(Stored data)
____________________

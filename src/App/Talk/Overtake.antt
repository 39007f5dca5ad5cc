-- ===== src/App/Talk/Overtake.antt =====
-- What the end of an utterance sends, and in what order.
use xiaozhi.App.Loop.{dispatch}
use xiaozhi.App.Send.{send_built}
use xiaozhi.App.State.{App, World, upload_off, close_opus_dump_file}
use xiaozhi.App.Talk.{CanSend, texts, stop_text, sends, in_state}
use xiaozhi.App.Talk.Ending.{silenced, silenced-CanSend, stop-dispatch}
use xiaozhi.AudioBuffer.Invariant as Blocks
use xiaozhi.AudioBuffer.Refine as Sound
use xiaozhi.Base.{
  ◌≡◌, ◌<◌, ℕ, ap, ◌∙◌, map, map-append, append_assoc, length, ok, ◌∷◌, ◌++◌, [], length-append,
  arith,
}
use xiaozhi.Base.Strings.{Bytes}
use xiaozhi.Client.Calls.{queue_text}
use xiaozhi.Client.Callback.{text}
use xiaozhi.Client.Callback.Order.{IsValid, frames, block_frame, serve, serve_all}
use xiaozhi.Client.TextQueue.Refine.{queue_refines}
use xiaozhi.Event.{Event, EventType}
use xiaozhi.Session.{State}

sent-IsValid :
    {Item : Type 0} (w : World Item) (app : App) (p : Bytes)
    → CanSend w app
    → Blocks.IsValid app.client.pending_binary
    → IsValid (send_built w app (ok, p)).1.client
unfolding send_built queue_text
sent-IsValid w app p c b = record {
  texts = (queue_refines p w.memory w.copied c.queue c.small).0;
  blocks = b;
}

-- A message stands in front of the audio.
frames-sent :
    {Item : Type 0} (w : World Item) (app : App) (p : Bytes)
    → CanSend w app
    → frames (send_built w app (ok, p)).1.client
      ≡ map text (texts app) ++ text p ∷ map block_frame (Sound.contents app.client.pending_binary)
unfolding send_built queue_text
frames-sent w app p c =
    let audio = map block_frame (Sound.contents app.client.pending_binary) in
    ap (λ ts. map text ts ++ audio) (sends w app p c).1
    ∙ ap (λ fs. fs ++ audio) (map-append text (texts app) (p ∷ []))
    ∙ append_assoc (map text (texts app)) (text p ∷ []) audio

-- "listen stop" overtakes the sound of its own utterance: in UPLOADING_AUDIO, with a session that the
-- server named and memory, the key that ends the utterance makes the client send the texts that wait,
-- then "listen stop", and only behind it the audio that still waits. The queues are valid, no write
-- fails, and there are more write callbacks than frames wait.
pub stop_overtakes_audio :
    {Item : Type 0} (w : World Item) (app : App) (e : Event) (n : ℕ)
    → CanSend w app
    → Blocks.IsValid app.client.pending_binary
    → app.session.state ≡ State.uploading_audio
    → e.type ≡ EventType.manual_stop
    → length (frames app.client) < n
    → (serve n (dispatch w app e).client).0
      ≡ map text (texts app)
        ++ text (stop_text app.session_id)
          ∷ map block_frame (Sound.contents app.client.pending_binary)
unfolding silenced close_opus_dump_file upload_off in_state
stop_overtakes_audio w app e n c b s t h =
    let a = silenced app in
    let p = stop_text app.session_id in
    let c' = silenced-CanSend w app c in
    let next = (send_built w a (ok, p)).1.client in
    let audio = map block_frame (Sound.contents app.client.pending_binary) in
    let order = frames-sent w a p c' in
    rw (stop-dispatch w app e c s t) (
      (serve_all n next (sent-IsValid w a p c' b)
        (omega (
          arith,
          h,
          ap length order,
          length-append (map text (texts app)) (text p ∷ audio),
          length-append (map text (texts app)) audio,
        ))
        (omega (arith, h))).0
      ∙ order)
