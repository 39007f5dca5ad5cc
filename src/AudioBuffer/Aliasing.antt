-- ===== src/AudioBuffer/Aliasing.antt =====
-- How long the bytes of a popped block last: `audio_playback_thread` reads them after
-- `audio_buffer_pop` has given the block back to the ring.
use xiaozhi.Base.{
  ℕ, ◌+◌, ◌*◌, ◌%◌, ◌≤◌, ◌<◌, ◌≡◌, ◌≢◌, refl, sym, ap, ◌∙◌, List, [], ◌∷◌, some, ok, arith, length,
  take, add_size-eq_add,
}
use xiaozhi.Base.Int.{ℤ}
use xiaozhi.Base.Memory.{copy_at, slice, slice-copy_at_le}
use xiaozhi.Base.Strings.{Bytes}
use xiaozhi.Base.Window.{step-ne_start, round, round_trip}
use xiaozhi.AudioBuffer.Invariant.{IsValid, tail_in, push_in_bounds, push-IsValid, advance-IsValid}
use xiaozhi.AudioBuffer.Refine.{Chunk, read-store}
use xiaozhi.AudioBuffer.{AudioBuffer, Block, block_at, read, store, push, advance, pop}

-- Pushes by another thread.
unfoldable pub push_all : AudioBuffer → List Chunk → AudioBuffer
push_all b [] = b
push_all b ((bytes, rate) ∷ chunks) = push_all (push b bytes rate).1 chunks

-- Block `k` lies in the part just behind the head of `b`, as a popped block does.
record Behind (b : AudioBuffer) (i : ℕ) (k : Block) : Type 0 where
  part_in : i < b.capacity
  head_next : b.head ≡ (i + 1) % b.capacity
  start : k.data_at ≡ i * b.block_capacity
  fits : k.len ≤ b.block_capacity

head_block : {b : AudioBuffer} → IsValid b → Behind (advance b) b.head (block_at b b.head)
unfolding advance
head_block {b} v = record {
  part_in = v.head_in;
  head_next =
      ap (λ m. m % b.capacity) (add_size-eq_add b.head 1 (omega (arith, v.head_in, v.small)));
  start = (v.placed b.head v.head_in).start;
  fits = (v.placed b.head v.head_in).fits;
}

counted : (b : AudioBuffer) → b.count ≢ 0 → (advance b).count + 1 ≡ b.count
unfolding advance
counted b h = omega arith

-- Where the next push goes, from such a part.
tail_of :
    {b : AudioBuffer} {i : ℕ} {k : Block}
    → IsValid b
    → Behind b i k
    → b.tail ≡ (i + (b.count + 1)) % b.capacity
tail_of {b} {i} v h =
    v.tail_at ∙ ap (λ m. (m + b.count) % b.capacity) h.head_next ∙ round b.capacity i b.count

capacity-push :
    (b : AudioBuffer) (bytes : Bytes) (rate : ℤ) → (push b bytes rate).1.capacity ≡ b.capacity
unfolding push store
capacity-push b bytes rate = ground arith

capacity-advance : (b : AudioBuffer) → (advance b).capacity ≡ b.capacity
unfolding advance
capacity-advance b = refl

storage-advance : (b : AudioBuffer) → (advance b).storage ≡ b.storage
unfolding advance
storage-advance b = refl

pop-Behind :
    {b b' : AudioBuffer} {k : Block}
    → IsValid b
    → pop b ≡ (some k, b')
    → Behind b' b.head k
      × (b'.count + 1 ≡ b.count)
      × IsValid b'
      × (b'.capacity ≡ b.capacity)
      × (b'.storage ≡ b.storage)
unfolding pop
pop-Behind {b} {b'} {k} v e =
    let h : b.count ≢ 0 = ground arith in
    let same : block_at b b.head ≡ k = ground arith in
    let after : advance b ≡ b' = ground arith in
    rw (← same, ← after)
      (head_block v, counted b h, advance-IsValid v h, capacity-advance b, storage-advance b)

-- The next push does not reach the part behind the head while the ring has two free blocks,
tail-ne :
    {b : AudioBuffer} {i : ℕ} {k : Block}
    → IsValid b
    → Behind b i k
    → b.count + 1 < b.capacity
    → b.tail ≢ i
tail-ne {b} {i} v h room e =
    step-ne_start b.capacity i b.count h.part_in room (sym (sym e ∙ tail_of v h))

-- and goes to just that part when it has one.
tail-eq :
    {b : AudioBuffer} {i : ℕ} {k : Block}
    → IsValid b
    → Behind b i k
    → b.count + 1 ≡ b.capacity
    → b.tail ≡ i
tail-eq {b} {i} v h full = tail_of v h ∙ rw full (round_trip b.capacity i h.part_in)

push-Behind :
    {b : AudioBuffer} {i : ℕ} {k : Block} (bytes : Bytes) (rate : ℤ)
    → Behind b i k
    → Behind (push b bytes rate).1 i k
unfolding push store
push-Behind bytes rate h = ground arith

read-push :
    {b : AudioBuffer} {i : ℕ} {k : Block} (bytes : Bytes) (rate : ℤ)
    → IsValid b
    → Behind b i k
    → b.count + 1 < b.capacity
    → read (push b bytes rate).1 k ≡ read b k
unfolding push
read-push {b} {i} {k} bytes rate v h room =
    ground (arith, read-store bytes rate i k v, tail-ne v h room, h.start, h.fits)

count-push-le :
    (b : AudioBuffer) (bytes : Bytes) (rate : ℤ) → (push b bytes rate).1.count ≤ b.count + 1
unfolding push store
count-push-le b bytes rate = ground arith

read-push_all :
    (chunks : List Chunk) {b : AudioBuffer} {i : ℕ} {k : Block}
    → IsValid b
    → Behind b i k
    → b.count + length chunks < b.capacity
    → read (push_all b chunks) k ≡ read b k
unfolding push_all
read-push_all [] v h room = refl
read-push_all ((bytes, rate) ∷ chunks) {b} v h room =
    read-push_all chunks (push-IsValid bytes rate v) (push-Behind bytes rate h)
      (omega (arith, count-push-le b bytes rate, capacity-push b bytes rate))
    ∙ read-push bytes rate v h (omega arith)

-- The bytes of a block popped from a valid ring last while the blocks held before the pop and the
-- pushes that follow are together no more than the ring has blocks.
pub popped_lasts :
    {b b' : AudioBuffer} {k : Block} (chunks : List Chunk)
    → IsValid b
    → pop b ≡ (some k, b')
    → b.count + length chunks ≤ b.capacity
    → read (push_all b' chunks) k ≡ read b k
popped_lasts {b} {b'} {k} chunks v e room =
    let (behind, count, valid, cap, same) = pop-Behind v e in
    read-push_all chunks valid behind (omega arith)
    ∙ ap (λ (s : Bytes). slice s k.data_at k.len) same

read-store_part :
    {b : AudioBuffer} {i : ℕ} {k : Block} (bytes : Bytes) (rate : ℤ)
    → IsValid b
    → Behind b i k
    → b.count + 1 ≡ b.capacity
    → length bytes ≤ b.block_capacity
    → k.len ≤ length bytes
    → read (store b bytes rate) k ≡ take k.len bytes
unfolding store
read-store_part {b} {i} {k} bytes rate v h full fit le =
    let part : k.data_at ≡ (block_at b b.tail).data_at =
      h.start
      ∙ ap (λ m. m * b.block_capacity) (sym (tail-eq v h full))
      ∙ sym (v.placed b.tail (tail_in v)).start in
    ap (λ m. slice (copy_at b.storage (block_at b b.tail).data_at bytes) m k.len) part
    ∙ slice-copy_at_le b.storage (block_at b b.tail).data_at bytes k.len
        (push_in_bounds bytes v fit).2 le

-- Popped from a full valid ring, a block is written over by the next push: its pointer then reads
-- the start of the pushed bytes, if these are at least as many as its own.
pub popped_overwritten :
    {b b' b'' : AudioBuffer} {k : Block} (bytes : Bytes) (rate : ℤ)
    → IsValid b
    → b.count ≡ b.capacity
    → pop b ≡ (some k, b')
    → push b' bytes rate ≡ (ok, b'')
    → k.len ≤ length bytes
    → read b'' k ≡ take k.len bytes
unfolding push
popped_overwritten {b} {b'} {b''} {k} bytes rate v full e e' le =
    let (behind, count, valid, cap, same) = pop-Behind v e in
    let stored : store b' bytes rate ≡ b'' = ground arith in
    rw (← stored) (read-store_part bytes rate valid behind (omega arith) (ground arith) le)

____________________

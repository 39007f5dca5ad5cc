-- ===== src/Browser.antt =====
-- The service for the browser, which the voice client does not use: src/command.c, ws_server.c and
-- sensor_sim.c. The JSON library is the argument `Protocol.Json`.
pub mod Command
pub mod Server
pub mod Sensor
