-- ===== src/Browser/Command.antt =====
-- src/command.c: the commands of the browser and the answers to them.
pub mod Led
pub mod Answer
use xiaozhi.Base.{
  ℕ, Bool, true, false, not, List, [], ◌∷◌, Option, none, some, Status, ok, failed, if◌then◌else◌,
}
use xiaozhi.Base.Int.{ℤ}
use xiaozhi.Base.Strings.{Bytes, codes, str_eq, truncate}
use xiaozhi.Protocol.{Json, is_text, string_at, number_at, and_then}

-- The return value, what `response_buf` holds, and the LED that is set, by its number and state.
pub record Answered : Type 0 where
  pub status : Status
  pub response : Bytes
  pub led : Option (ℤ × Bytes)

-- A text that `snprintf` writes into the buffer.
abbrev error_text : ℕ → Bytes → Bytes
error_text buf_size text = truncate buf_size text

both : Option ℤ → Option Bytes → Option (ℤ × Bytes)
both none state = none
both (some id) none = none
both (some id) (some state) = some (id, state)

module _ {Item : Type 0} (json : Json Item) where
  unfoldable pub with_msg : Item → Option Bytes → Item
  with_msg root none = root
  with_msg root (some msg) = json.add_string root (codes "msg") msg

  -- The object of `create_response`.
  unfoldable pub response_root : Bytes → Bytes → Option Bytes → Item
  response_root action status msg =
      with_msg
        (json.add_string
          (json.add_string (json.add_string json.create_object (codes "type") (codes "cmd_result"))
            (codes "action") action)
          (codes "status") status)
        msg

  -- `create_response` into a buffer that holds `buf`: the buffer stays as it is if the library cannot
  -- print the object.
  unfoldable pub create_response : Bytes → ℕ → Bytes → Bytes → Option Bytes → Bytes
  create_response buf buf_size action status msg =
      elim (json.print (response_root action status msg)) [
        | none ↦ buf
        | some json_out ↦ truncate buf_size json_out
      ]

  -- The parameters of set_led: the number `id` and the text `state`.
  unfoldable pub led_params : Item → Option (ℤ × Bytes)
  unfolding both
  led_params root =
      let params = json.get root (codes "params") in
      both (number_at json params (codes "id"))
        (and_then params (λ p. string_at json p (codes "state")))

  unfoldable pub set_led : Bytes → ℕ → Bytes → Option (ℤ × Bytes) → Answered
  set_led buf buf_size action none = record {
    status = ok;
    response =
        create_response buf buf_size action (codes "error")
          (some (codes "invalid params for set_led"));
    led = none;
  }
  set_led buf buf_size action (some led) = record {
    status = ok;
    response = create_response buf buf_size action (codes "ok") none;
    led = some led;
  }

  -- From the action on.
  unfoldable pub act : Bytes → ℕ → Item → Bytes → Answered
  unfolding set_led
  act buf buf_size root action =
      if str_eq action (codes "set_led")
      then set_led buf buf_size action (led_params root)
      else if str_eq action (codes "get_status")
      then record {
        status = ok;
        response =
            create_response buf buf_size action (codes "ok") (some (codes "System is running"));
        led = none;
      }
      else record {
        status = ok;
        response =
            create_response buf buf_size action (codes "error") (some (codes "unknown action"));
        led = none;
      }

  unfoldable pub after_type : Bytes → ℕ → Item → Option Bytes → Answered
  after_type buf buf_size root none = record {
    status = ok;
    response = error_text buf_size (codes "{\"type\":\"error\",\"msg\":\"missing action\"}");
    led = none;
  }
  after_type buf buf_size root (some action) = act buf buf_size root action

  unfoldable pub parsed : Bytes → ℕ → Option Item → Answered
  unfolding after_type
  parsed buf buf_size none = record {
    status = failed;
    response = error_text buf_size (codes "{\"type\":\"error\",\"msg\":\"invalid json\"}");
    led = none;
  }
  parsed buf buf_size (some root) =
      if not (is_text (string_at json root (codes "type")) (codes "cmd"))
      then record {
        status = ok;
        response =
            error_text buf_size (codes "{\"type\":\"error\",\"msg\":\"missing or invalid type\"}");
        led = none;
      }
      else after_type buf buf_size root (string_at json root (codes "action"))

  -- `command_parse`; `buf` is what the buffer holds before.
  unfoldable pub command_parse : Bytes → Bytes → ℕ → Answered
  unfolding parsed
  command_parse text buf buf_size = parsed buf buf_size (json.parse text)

____________________

> [WORK INSTRUCTIONS]:
From the records above, count the lines that contain "small". Only the number should be written.

> [ANSWER TO THE PROBLEM]:
2